PROBLEM TO WORK ON:
Look through the lines below for the word "before", and copy every line that has it.

EXERCISE DATA:
▬▬▬▬▬▬

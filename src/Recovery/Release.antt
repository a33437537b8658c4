-- ===== src/Recovery/Release.antt =====
-- unfreeze_pass of mgd/src/recovery.rs: who is released, how many, and who is left.
use lmkd_linux.Prelude.{
  ℕ, ◌+◌, ◌-◌, ◌≤◌, ◌<◌, ◌≡◌, ◌≢◌, refl, ◌⊎◌, inl, inr, Bool, true, false, none, List, [], ◌∷◌, All,
  any, length, nat_eq, nat_beq, ==_iff, if◌then◌else◌, arith,
}
use lmkd_linux.Prelude.Maps.{lookup, lookup-remove}
use lmkd_linux.Types.{Pid}
use lmkd_linux.Meminfo.{MemInfo}
use lmkd_linux.Registry.Frozen
use lmkd_linux.Registry.Frozen.{FrozenRegistry, FrozenEntry}
use lmkd_linux.Execute.{success}
use lmkd_linux.Recovery.{
  HealthBaseline, System, resume, safe_to_restore, unfreeze_loop, unfreeze_pass,
}

abbrev pub has : Pid → List Pid → Bool
has q ps = any (λ p. nat_beq p q) ps

-- No pid twice, as in the keys of a HashMap.
abbrev pub Distinct : List Pid → Type 0
Distinct [] = Unit
Distinct (p ∷ ps) = All (λ q. q ≢ p) ps × Distinct ps

delete-lookup :
    (pid q : Pid) (r : FrozenRegistry)
    → lookup q (Frozen.delete pid r).frozen ≡ (if nat_beq pid q then none else lookup q r.frozen)
unfolding Frozen.delete
delete-lookup pid q r = ground (arith, ==_iff pid q, lookup-remove pid q r.frozen)

module _ (sys : System) (safe : Bool) (now : ℕ) where
  -- Frozen for 15 seconds, and the release of the process that was frozen works.
  abbrev pub Ready : FrozenRegistry → Pid → Type 0
  Ready reg q =
      (15 ≤ now - Frozen.frozen_at q reg) × (resume sys q (Frozen.start_time q reg) ≡ success)

  Ready-delete :
      (pid q : Pid) (reg : FrozenRegistry)
      → q ≢ pid
      → (Frozen.frozen_at q (Frozen.delete pid reg) ≡ Frozen.frozen_at q reg)
        × (Frozen.start_time q (Frozen.delete pid reg) ≡ Frozen.start_time q reg)
  unfolding Frozen.frozen_at Frozen.start_time
  Ready-delete pid q reg h =
      (ground (arith, delete-lookup pid q reg), ground (arith, delete-lookup pid q reg))

  abbrev loop : ℕ → List Pid → FrozenRegistry → FrozenRegistry × List Pid
  loop n pids reg = unfreeze_loop sys safe now n pids reg

  loop-cases :
      (n : ℕ) (pid : Pid) (pids : List Pid) (reg : FrozenRegistry)
      → (loop n (pid ∷ pids) reg ≡ (reg, [])) × ((4 ≤ n) ⊎ (safe ≡ false))
        ⊎ (loop n (pid ∷ pids) reg ≡ loop n pids reg) × (Ready reg pid → ⊥)
        ⊎ (loop n (pid ∷ pids) reg ≡ (
          (loop (n + 1) pids (Frozen.delete pid reg)).0,
          pid ∷ (loop (n + 1) pids (Frozen.delete pid reg)).1,
        ))
          × Ready reg pid
          × (n < 4)
          × (safe ≡ true)
  unfolding unfreeze_loop
  loop-cases n pid pids reg = ground arith

  pub record Pass (n : ℕ) (pids : List Pid) (reg : FrozenRegistry) (out : FrozenRegistry × List Pid)
      : Type 0 where
    pub ready : All (Ready reg) out.1
    pub bound : n ≤ 4 → n + length out.1 ≤ 4
    pub held : safe ≡ false → out.1 ≡ []
    pub after :
        (q : Pid) → lookup q out.0.frozen ≡ (if has q out.1 then none else lookup q reg.frozen)
    pub complete :
        safe ≡ true → n + length out.1 < 4 → All (λ q. Ready reg q → has q out.1 ≡ true) pids

  stop-Pass :
      (n : ℕ) (pids : List Pid) (reg : FrozenRegistry)
      → (4 ≤ n) ⊎ (safe ≡ false)
      → Pass n pids reg (reg, [])
  stop-Pass n pids reg h = record {
    ready = tt;
    bound = λ k. omega arith;
    held = λ e. refl;
    after = λ q. refl;
    complete = λ s k. absurd (ground arith);
  }

  skip-Pass :
      (n : ℕ) (pid : Pid) (pids : List Pid) (reg : FrozenRegistry) (out : FrozenRegistry × List Pid)
      → (Ready reg pid → ⊥)
      → Pass n pids reg out
      → Pass n (pid ∷ pids) reg out
  skip-Pass n pid pids reg out h p = record {
    ready = p.ready;
    bound = p.bound;
    held = p.held;
    after = p.after;
    complete = λ s k. ((λ r. absurd (h r)), p.complete s k);
  }

  Ready-before :
      (pid q : Pid) (reg : FrozenRegistry) → q ≢ pid → Ready (Frozen.delete pid reg) q → Ready reg q
  Ready-before pid q reg h r =
      let e = Ready-delete pid q reg h in let s = rw e.1 at r.1 in (omega (arith, r.0, e.0), s)

  Ready-after :
      (pid q : Pid) (reg : FrozenRegistry) → q ≢ pid → Ready reg q → Ready (Frozen.delete pid reg) q
  Ready-after pid q reg h r =
      let e = Ready-delete pid q reg h in (omega (arith, r.0, e.0), rw e.1 r.1)

  release-Pass :
      (n : ℕ) (pid : Pid) (pids : List Pid) (reg : FrozenRegistry) (out : FrozenRegistry × List Pid)
      → All (λ q. q ≢ pid) pids
      → All (λ q. q ≢ pid) out.1
      → Ready reg pid
      → n < 4
      → safe ≡ true
      → Pass (n + 1) pids (Frozen.delete pid reg) out
      → Pass n (pid ∷ pids) reg (out.0, pid ∷ out.1)
  release-Pass n pid pids reg out ds os r k s p = record {
    ready = (r, both out.1 os p.ready);
    bound = λ _. omega (arith, p.bound (omega arith));
    held = λ e. absurd (ground arith);
    after = λ q. ground (arith, p.after q, delete-lookup pid q reg);
    complete = λ e l. ((λ _. ground arith), later pids ds (p.complete e (omega (arith, l))));
  }
    where
      both :
          (qs : List Pid)
          → All (λ q. q ≢ pid) qs
          → All (Ready (Frozen.delete pid reg)) qs
          → All (Ready reg) qs
      both [] h g = tt
      both (q ∷ qs) h g = (Ready-before pid q reg h.0 g.0, both qs h.1 g.1)

      later :
          (qs : List Pid)
          → All (λ q. q ≢ pid) qs
          → All (λ q. Ready (Frozen.delete pid reg) q → has q out.1 ≡ true) qs
          → All (λ q. Ready reg q → has q (pid ∷ out.1) ≡ true) qs
      later [] h g = tt
      later (q ∷ qs) h g =
          ((λ a. ground (arith, g.0 (Ready-after pid q reg h.0 a))), later qs h.1 g.1)

  released_from :
      (P : Pid → Type 0) (n : ℕ) (pids : List Pid) (reg : FrozenRegistry)
      → All P pids
      → All P (loop n pids reg).1
  unfolding unfreeze_loop
  released_from P n [] reg h = tt
  released_from P n (pid ∷ pids) reg h = elim (loop-cases n pid pids reg) [
    | inl (e, _) ↦ rw e tt
    | inr (inl (e, _)) ↦ rw e (released_from P n pids reg h.1)
    | inr (inr (e, _, _, _)) ↦ rw e (h.0, released_from P (n + 1) pids (Frozen.delete pid reg) h.1)
  ]

  loop-Pass :
      (n : ℕ) (pids : List Pid) (reg : FrozenRegistry)
      → Distinct pids
      → Pass n pids reg (loop n pids reg)
  unfolding unfreeze_loop
  loop-Pass n [] reg d = record {
    ready = tt;
    bound = λ k. omega arith;
    held = λ e. refl;
    after = λ q. refl;
    complete = λ s k. tt;
  }
  loop-Pass n (pid ∷ pids) reg d = elim (loop-cases n pid pids reg) [
    | inl (e, h) ↦ rw e (stop-Pass n (pid ∷ pids) reg h)
    | inr (inl (e, h)) ↦ rw e (skip-Pass n pid pids reg _ h (loop-Pass n pids reg d.1))
    | inr (inr (e, r, k, s)) ↦ rw e (
        release-Pass n pid pids reg _ d.0
          (released_from (λ q. q ≢ pid) (n + 1) pids (Frozen.delete pid reg) d.0) r k s
          (loop-Pass (n + 1) pids (Frozen.delete pid reg) d.1))
  ]

-- A release pass over a registry with no pid twice: it releases only processes that were frozen for at
-- least 15 seconds and whose release works, at most four of them, and none while memory is tight;
-- exactly the released ones leave the registry; and if memory is not tight and fewer than four were
-- released, every process that is ready was.
pub unfreeze_pass-Pass :
    (sys : System) (b : HealthBaseline) (m : MemInfo) (now : ℕ) (reg : FrozenRegistry)
    → Distinct (Frozen.frozen_pids reg)
    → Pass sys
        (safe_to_restore b m.available_kb m.total_kb 0)
        now
        0
        (Frozen.frozen_pids reg)
        reg
        (unfreeze_pass sys b m now reg)
unfolding unfreeze_pass
unfreeze_pass-Pass sys b m now reg d =
    loop-Pass sys (safe_to_restore b m.available_kb m.total_kb 0) now 0 (Frozen.frozen_pids reg) reg
      d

▬▬▬▬▬▬

RESPONSE:
  Ready-before :
  Ready-before pid q reg h r =
      both (q ∷ qs) h g = (Ready-before pid q reg h.0 g.0, both qs h.1 g.1)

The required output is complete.